Proving 2^n < n without Equality: Why Ask?

[pivoxa15]

In my maths textbook it asks to prove 2^n<=n! for all n>=4

I could prove it no problems using induction but could show 2^n<n! without the equality inequality.

My question is why would the textbook ask for a weaker condition? Is it a misprint?

If I can show < then it automatically implies <= holds as well dosen't it?

 

[cristo]

If I can show < then it automatically implies <= holds as well dosen't it?
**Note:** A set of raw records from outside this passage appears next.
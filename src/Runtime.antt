-- ===== src/Runtime.antt =====
-- What the program calls and does not implement: PostgreSQL's answers and text forms of numbers,
-- google/uuid, the clock, the context, and shopspring/decimal.
use go_bank_ledger.Prelude.{
  ℕ, String, Bool, true, false, Option, some, ℤ, pos, neg_ℤ, ◌≤ℤ◌, ◌≡◌, ◌↔◌,
}
use go_bank_ledger.Errors.{Error}
use go_bank_ledger.Sqlc.Models.{Uuid, Time}
use go_bank_ledger.Sqlc.Tables.{Tables}

-- Each answer depends on the step at which it is asked for, so any pattern of failures, of UUIDs
-- and of other sessions' work is some `Runtime`.
pub record Runtime : Type 0 where
  -- Whether the statement, BEGIN, ROLLBACK or COMMIT of this step fails. A failed COMMIT leaves
  -- nothing behind.
  pub fault : ℕ → Option Error
  -- gen_random_uuid() and uuid.New()
  pub random_uuid : ℕ → Uuid
  -- CURRENT_TIMESTAMP and NOW()
  pub current_timestamp : ℕ → Time
  -- What other sessions committed before the transaction, or the query outside of one, that begins
  -- at this step.
  pub others : ℕ → Tables → Tables
  -- Where a query at this step puts a row, by its id, among rows that its ORDER BY leaves equal: in
  -- ascending rank.
  pub tie_rank : ℕ → Uuid → ℕ
  -- `ctx.Done()` fired during the wait at this step.
  pub cancelled : ℕ → Bool
  -- PostgreSQL's reading and writing of a number with four decimals, in ten-thousandths.
  pub numeric_in : String → Option ℤ
  pub numeric_out : ℤ → String
  -- uuid.Parse and UUID.String
  pub uuid_parse : String → Option Uuid
  pub uuid_string : Uuid → String

-- The functions of shopspring/decimal that the program calls; `string_fixed` is `StringFixed(4)`.
pub record Decimals (Decimal : Type 0) : Type 0 where
  pub new_from_string : String → Option Decimal
  -- The error of `NewFromString` on a text that it refuses.
  pub parse_error : String → Error
  pub zero : Decimal
  pub neg : Decimal → Decimal
  pub string_fixed : Decimal → String
  pub less_than : Decimal → Decimal → Bool
  pub less_than_or_equal : Decimal → Decimal → Bool
  pub equal : Decimal → Decimal → Bool

-- What the program relies on. `units d` is the number of ten-thousandths that `StringFixed(4)`
-- prints (the half is rounded away from zero), and `of_units` an exact amount.
pub record NumericLaws {Decimal : Type 0} (rt : Runtime) (dec : Decimals Decimal) : Type 0 where
  pub units : Decimal → ℤ
  pub of_units : ℤ → Decimal
  pub units-of_units : (z : ℤ) → units (of_units z) ≡ z
  pub units-zero : units dec.zero ≡ pos 0
  pub units-neg : (d : Decimal) → units (dec.neg d) ≡ neg_ℤ (units d)
  -- Rounding keeps the order.
  pub less_than_mono : (a b : Decimal) → dec.less_than a b ≡ false → units b ≤ℤ units a
  pub equal_iff : (y z : ℤ) → (dec.equal (of_units y) (of_units z) ≡ true) ↔ (y ≡ z)
  -- PostgreSQL reads what `StringFixed(4)` writes, and `NewFromString` what PostgreSQL writes.
  pub numeric_in-string_fixed : (d : Decimal) → rt.numeric_in (dec.string_fixed d) ≡ some (units d)
  pub new_from_string-numeric_out :
      (z : ℤ) → dec.new_from_string (rt.numeric_out z) ≡ some (of_units z)
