-- ===== src/Exec.antt =====
-- Calls that may fail over the state of the database: Go's `(value, error)` results with
-- `if err != nil { return err }`, and the early `return` of a handler.
pub mod Ensures
pub mod Runs
use go_bank_ledger.Prelude.{ℕ, ◌+◌, Bool, true, false, Option, none, some, if◌then◌else◌}
use go_bank_ledger.Errors.{Error}
use go_bank_ledger.Sqlc.Tables.{Tables, World}
use go_bank_ledger.Runtime.{Runtime}

pub data Result (E A : Type 0) : Type 0 where
  ok : A → Result E A
  err : E → Result E A

abbrev pub Exec : Type 0 → Type 0 → Type 0
Exec E A = World → Result E A × World

abbrev pub Action : Type 0 → Type 0
Action A = Exec Error A

abbrev pub continue : {E A B : Type 0} → Result E A → (A → Exec E B) → Exec E B
continue (ok a) f w = f a w
continue (err e) f w = (err e, w)

module _ {E A : Type 0} where
  unfoldable pub pure : A → Exec E A
  pure a w = (ok a, w)

  unfoldable pub fail : E → Exec E A
  fail e w = (err e, w)

  unfoldable pub or_fail : Option A → E → Exec E A
  or_fail none e w = (err e, w)
  or_fail (some a) e w = (ok a, w)

unfoldable pub fail_if : {E : Type 0} → Bool → E → Exec E Unit
fail_if true e w = (err e, w)
fail_if false e w = (ok tt, w)

unfoldable pub gets : {E A : Type 0} → (Tables → A) → Exec E A
gets f w = (ok (f w.tables), w)

unfoldable pub modify : {E : Type 0} → (Tables → Tables) → Exec E Unit
modify f w = (ok tt, record w { tables = f w.tables })

abbrev wrap_result : {A : Type 0} → (Error → Error) → Result Error A → Result Error A
wrap_result f (ok a) = ok a
wrap_result f (err e) = err (f e)

-- `if err != nil { return fmt.Errorf("…: %w", err) }`
unfoldable pub wrap : {A : Type 0} → (Error → Error) → Action A → Action A
wrap f m w = let (r, w') = m w in (wrap_result f r, w')

infixl 5 ◌>>=◌ ◌>>◌
-- Opening this opens the calls that it joins.
unfoldable pub ◌>>=◌ : {E A B : Type 0} → Exec E A → (A → Exec E B) → Exec E B
unfolding pure fail or_fail fail_if gets modify wrap
◌>>=◌ m f w = let (r, w') = m w in continue r f w'

abbrev pub ◌>>◌ : {E A B : Type 0} → Exec E A → Exec E B → Exec E B
m >> k = m >>= λ _. k

abbrev pub answer : Option Error → Action Unit
answer none w = (ok tt, w)
answer (some e) w = (err e, w)

module _ (rt : Runtime) where
  -- One round trip to the database.
  unfoldable pub statement : Action Unit
  statement w = answer (rt.fault w.tick) (record w { tick = w.tick + 1 })

  -- A fresh UUID.
  unfoldable pub new_uuid : Action ℕ
  new_uuid w = (ok (rt.random_uuid w.tick), record w { tick = w.tick + 1 })

  -- How the query that has just been asked orders rows that its ORDER BY leaves equal.
  unfoldable pub tie_order : Action (ℕ → ℕ)
  tie_order w = (ok (rt.tie_rank w.tick), w)

  unfoldable pub timestamp : Action ℕ
  timestamp w = (ok (rt.current_timestamp w.tick), record w { tick = w.tick + 1 })
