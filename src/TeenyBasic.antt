-- ===== src/TeenyBasic.antt =====
-- assembly-compiler: the compiler of TeenyBASIC to x86-64.
pub mod Ast
pub mod Word64
pub mod Fold
pub mod Asm
pub mod Compile
pub mod Statements
pub mod Expressions
pub mod Powers
pub mod CompileExpr
pub mod Folding
pub mod Machine
pub mod Semantics
pub mod Correct
pub mod Lexer
pub mod Number
pub mod Parser
pub mod Program
pub mod PrintAst
pub mod Driver
mod Tests
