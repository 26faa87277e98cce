-- ===== src/TeenyBasic/Word64.antt =====
-- 64-bit words: the int64_t arithmetic of assembly-compiler/src/compile.c and of the x86-64
-- instructions that it emits. A word is its bit pattern.
use computer_systems.Prelude.{
  ℕ, ◌+◌, ◌-◌, ◌*◌, ◌/◌, ◌%◌, ◌^◌, Bool, ◌&&◌, Option, none, some, leb, ltb, ◌==◌, if◌then◌else◌,
}

abbrev pub is_negative64 : ℕ → Bool
is_negative64 w = leb (2 ^ 63) w

abbrev pub negate64 : ℕ → ℕ
negate64 w = (2 ^ 64 - w) % 2 ^ 64

abbrev pub absolute64 : ℕ → ℕ
absolute64 w = if is_negative64 w then 2 ^ 64 - w else w

unfoldable pub add64 : ℕ → ℕ → ℕ
add64 a b = (a + b) % 2 ^ 64

unfoldable pub sub64 : ℕ → ℕ → ℕ
sub64 a b = (a + (2 ^ 64 - b % 2 ^ 64)) % 2 ^ 64

unfoldable pub mul64 : ℕ → ℕ → ℕ
mul64 a b = a * b % 2 ^ 64

-- Signed division cut off towards 0; dividing by 0, or the least value by -1, traps.
unfoldable pub div64 : ℕ → ℕ → Option ℕ
div64 a b =
    if b == 0
    then none
    else if (a == 2 ^ 63) && (b == 2 ^ 64 - 1)
    then none
    else let q = absolute64 a / absolute64 b in
      some (
        if is_negative64 a
        then (if is_negative64 b then q else negate64 q)
        else (if is_negative64 b then negate64 q else q))

-- The order of signed words.
unfoldable pub less64 : ℕ → ℕ → Bool
less64 a b = ltb ((a + 2 ^ 63) % 2 ^ 64) ((b + 2 ^ 63) % 2 ^ 64)
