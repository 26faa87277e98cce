-- ===== src/TeenyBasic/Asm.antt =====
-- The x86-64 instructions that assembly-compiler/src/compile.c prints, and what they do on the
-- registers, the stack and the variables that the compiled program uses. An instruction stands for
-- the line that `printf` writes.
use computer_systems.Prelude.{
  ℕ, ◌^◌, Bool, not, List, [], ◌∷◌, ◌++◌, Option, none, some, ◌==◌, if◌then◌else◌,
}
use computer_systems.TeenyBasic.Word64.{add64, sub64, mul64, div64, less64}

pub data Flag : Type 0 where
  jl jge jg jle je jne : Flag

pub data Label : Type 0 where
  if_label else_label end_if start_while while_label while_end : ℕ → Label

pub data Instr : Type 0 where
  -- movq $v, %rdi
  movq_imm : ℕ → Instr
  call_print_int : Instr
  push_rdi pop_rcx pop_rdi : Instr
  -- cmp %rcx, %rdi
  cmp : Instr
  addq subq imulq : Instr
  movq_rdi_rax cqto idiv_rcx movq_rax_rdi : Instr
  -- movq -k(%rbp), %rdi and movq %rdi, -k(%rbp)
  load store : ℕ → Instr
  -- shlq $k, %rdi
  shlq : ℕ → Instr
  jump_if : Flag → Label → Instr
  jmp : Label → Instr
  label : Label → Instr

-- `compared` holds the operands of the last `cmp`. The slot of a variable is given by its offset.
pub record Cpu : Type 0 where
  pub rdi : ℕ
  pub rcx : ℕ
  pub rax : ℕ
  pub compared : ℕ × ℕ
  pub stack : List ℕ
  pub slots : ℕ → ℕ
  pub out : List ℕ

abbrev pub write_slot : (ℕ → ℕ) → ℕ → ℕ → ℕ → ℕ
write_slot f k v j = if k == j then v else f j

-- `cqto` spreads the sign of rax to rdx; with `idiv` it is the signed division, which `idiv_rcx`
-- does whole.
unfoldable pub step : Instr → Cpu → Option Cpu
step (movq_imm v) s = some (record s { rdi = v })
step call_print_int s = some (record s { out = s.out ++ (s.rdi ∷ []) })
step push_rdi s = some (record s { stack = s.rdi ∷ s.stack })
step pop_rcx s = elim s.stack [ [] ↦ none | v ∷ rest ↦ some (record s { rcx = v; stack = rest }) ]
step pop_rdi s = elim s.stack [ [] ↦ none | v ∷ rest ↦ some (record s { rdi = v; stack = rest }) ]
step cmp s = some (record s { compared = (s.rdi, s.rcx) })
step addq s = some (record s { rdi = add64 s.rdi s.rcx })
step subq s = some (record s { rdi = sub64 s.rdi s.rcx })
step imulq s = some (record s { rdi = mul64 s.rdi s.rcx })
step movq_rdi_rax s = some (record s { rax = s.rdi })
step cqto s = some s
step idiv_rcx s = elim (div64 s.rax s.rcx) [ none ↦ none | some q ↦ some (record s { rax = q }) ]
step movq_rax_rdi s = some (record s { rdi = s.rax })
step (load k) s = some (record s { rdi = s.slots k })
step (store k) s = some (record s { slots = write_slot s.slots k s.rdi })
step (shlq k) s = some (record s { rdi = mul64 s.rdi (2 ^ k) })
step (jump_if f l) s = some s
step (jmp l) s = some s
step (label l) s = some s

abbrev pub holds : Flag → ℕ × ℕ → Bool
holds jl (a, b) = less64 a b
holds jge (a, b) = not (less64 a b)
holds jg (a, b) = less64 b a
holds jle (a, b) = not (less64 b a)
holds je (a, b) = a == b
holds jne (a, b) = not (a == b)

-- Straight-line code.
unfoldable pub run_line : List Instr → Cpu → Option Cpu
run_line [] s = some s
run_line (i ∷ code) s = elim (step i s) [ none ↦ none | some s' ↦ run_line code s' ]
Yes, if x is strictly less than y, then x is certainly less than or equal to y. With regards to your former question, it might just be a typo- either way, you can solve the problem using induction.

 

[dextercioby]

It can't be a missprint. See what happens with n=4.

Daniel.

PS. Apparently, it can be a missprint.

 

[cristo]

It can't be a missprint. See what happens with n=4.

Daniel.

2^4=16 , 4!= 24, so 2^4<4!

 

[pivoxa15]

I was only asking the relationship between 2^n and n!

Looking at the graphs for 2^n and n! it seems that no where is 2^n=n!

n>=4 is definitely correct.

 

[Werg22]

Look at what are the factors of 2^n and the factors of n!...

 

[ssd]

There are two "=" signs in question. The first one is definitely a misprint but n>=4 is correct.